The problem – Produce again, without any change, the lines running from the one with "pub mod Quarantine" through the final line of the data below, and only those.

Materials provided –

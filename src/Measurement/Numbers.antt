-- ===== src/Measurement/Numbers.antt =====
-- Decimal numbers in the fields of a frame: `int(text)` and `str(n)`.
use keg_pulse.Base.{
  ℕ, zero, suc, ◌+◌, ◌-◌, ◌*◌, ◌/◌, ◌%◌, ◌<◌, ◌≡◌, refl, Bool, true, false, Option, none, some, [],
  ◌∷◌, arith, ltb, ◌==◌, if◌then◌else◌, ℤ, pos, negsuc, inl, inr, Bool-cases, ap, ◌∙◌,
}
use keg_pulse.Base.Text.{Text}
use keg_pulse.Protocol.Bytes.{all, is_digit}
use keg_pulse.Protocol.BytesLaws.{all-cons}

-- `int(text)` for a text of decimal digits
unfoldable pub decimal_from : ℕ → Text → ℕ
decimal_from acc [] = acc
decimal_from acc (c ∷ cs) = decimal_from (acc * 10 + (c - b'0')) cs

unfoldable pub decimal : Text → ℕ
decimal cs = decimal_from 0 cs

-- `int(text)` without a sign, on the characters that a field value can hold: digits, with single
-- underscores between digits. The flag says that a digit has just been read.
unfoldable pub digits_from : ℕ → Bool → Text → Option ℕ
digits_from acc true [] = some acc
digits_from acc false [] = none
digits_from acc after_digit (c ∷ cs) = elim (is_digit c) [
  | true ↦ digits_from (acc * 10 + (c - b'0')) true cs
  | false ↦ if c == b'_' then (if after_digit then digits_from acc false cs else none) else none
]

abbrev pub negated : Option ℕ → Option ℤ
negated none = none
negated (some zero) = some (pos 0)
negated (some (suc n)) = some (negsuc n)

abbrev pub positive : Option ℕ → Option ℤ
positive none = none
positive (some n) = some (pos n)

-- `int(text)`
unfoldable pub parse_int : Text → Option ℤ
parse_int [] = none
parse_int (c ∷ cs) =
    if c == b'-' then negated (digits_from 0 false cs) else positive (digits_from 0 false (c ∷ cs))

-- `str(n)`, most significant digit first, on fuel above n
unfoldable pub print_from : ℕ → ℕ → Text → Text
print_from zero n rest = rest
print_from (suc fuel) n rest = elim (ltb n 10) [
  | true ↦ (b'0' + n) ∷ rest
  | false ↦ print_from fuel (n / 10) ((b'0' + n % 10) ∷ rest)
]

unfoldable pub print_decimal : ℕ → Text
unfolding print_from
print_decimal n = print_from (suc n) n []

digit_lem : (n : ℕ) → n < 10 → (is_digit (b'0' + n) ≡ true) × ((b'0' + n) - b'0' ≡ n)
unfolding is_digit
digit_lem n h = (ground arith, omega arith)

digits_from_digit :
    (acc n : ℕ) (b : Bool) (rest : Text)
    → n < 10
    → digits_from acc b ((b'0' + n) ∷ rest) ≡ digits_from (acc * 10 + n) true rest
unfolding digits_from
digits_from_digit acc n true rest h = ground (arith, digit_lem n h)
digits_from_digit acc n false rest h = ground (arith, digit_lem n h)

-- Reading goes on behind the printed number.
digits_from-print_from :
    (fuel n : ℕ) (rest : Text)
    → n < fuel
    → digits_from 0 false (print_from fuel n rest) ≡ digits_from n true rest
unfolding print_from
digits_from-print_from zero n rest h = absurd (omega arith)
digits_from-print_from (suc fuel) n rest h = elim (Bool-cases (ltb n 10)) [
  | inl e ↦
      rw (e, print_from)
        (digits_from_digit 0 n false rest (ground arith)
          ∙ ap (λ k. digits_from k true rest) (omega arith))
  | inr e ↦
      rw (e, print_from)
        (digits_from-print_from fuel (n / 10) ((b'0' + n % 10) ∷ rest) (ground arith)
          ∙ digits_from_digit (n / 10) (n % 10) true rest (omega arith)
          ∙ ap (λ k. digits_from k true rest) (omega arith))
]

digits_from-print_decimal : (n : ℕ) → digits_from 0 false (print_decimal n) ≡ some n
unfolding print_decimal
digits_from-print_decimal n =
    digits_from-print_from (suc n) n [] (omega arith) ∙ unfold digits_from in refl

print_from-digits :
    (fuel n : ℕ) (rest : Text)
    → all is_digit rest ≡ true
    → all is_digit (print_from fuel n rest) ≡ true
unfolding print_from
print_from-digits zero n rest h = h
print_from-digits (suc fuel) n rest h = elim (Bool-cases (ltb n 10)) [
  | inl e ↦ rw (e, print_from) (all-cons is_digit (b'0' + n) rest (digit_lem n (ground arith)).0 h)
  | inr e ↦
      rw (e, print_from)
        (print_from-digits fuel (n / 10) ((b'0' + n % 10) ∷ rest)
          (all-cons is_digit (b'0' + n % 10) rest (digit_lem (n % 10) (omega arith)).0 h))
]

-- A printed number is made of digits.
pub print_decimal-digits : (n : ℕ) → all is_digit (print_decimal n) ≡ true
unfolding print_decimal
print_decimal-digits n = print_from-digits (suc n) n [] (unfold all in refl)

parse_int_unsigned :
    (t : Text) → all is_digit t ≡ true → parse_int t ≡ positive (digits_from 0 false t)
unfolding parse_int
parse_int_unsigned [] h = unfold digits_from in refl
parse_int_unsigned (c ∷ cs) h = unfold all is_digit in ground arith

-- `int(str(n))` is n.
pub parse_int-print_decimal : (n : ℕ) → parse_int (print_decimal n) ≡ some (pos n)
parse_int-print_decimal n =
    parse_int_unsigned (print_decimal n) (print_decimal-digits n)
    ∙ ap positive (digits_from-print_decimal n)
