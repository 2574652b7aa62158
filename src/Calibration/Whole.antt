-- ===== src/Calibration/Whole.antt =====
-- Whole numbers as decimals, on which the tests compute.
use keg_pulse.Base.{
  ℕ, ◌+◌, ◌-◌, ◌*◌, ◌/◌, true, false, some, [], ◌∷◌, ltb, ◌==◌, if◌then◌else◌, pos,
}
use keg_pulse.Base.Text.{Text}
use keg_pulse.Measurement.Numbers.{print_decimal}
use keg_pulse.Calibration.Decimals.{Decimals}

-- The part of a literal before its point
abbrev pub whole_from : ℕ → Text → ℕ
whole_from acc [] = acc
whole_from acc (c ∷ cs) =
    let rest = whole_from (acc * 10 + (c - b'0')) cs in if c == b'.' then acc else rest

abbrev pub whole : Decimals
whole = record {
  Number = ℕ;
  parse = λ t. some (whole_from 0 t);
  is_negative_infinity = λ t. false;
  literal = λ t. whole_from 0 t;
  print = print_decimal;
  of_nat = λ n. n;
  add = λ a b. a + b;
  sub = λ a b. a - b;
  mul = λ a b. a * b;
  div = λ a b. a / b;
  absolute = λ n. n;
  square = λ n. n * n;
  sqrt = λ n. n;
  is_finite = λ n. true;
  lt = ltb;
  median = λ ns. 0;
  round_half_up = λ n. pos n;
}
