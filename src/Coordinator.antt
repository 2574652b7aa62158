-- ===== src/Coordinator.antt =====
-- The retry queue of src/kegpulse/application/coordinator.py.
pub mod Events
pub mod RetryQueue
pub mod Counters
pub mod Bounded
pub mod Quarantine
pub mod Handling
pub mod Durable
pub mod Arming
mod Tests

Expected output –
pub mod Quarantine
pub mod Handling
pub mod Durable
pub mod Arming
mod Tests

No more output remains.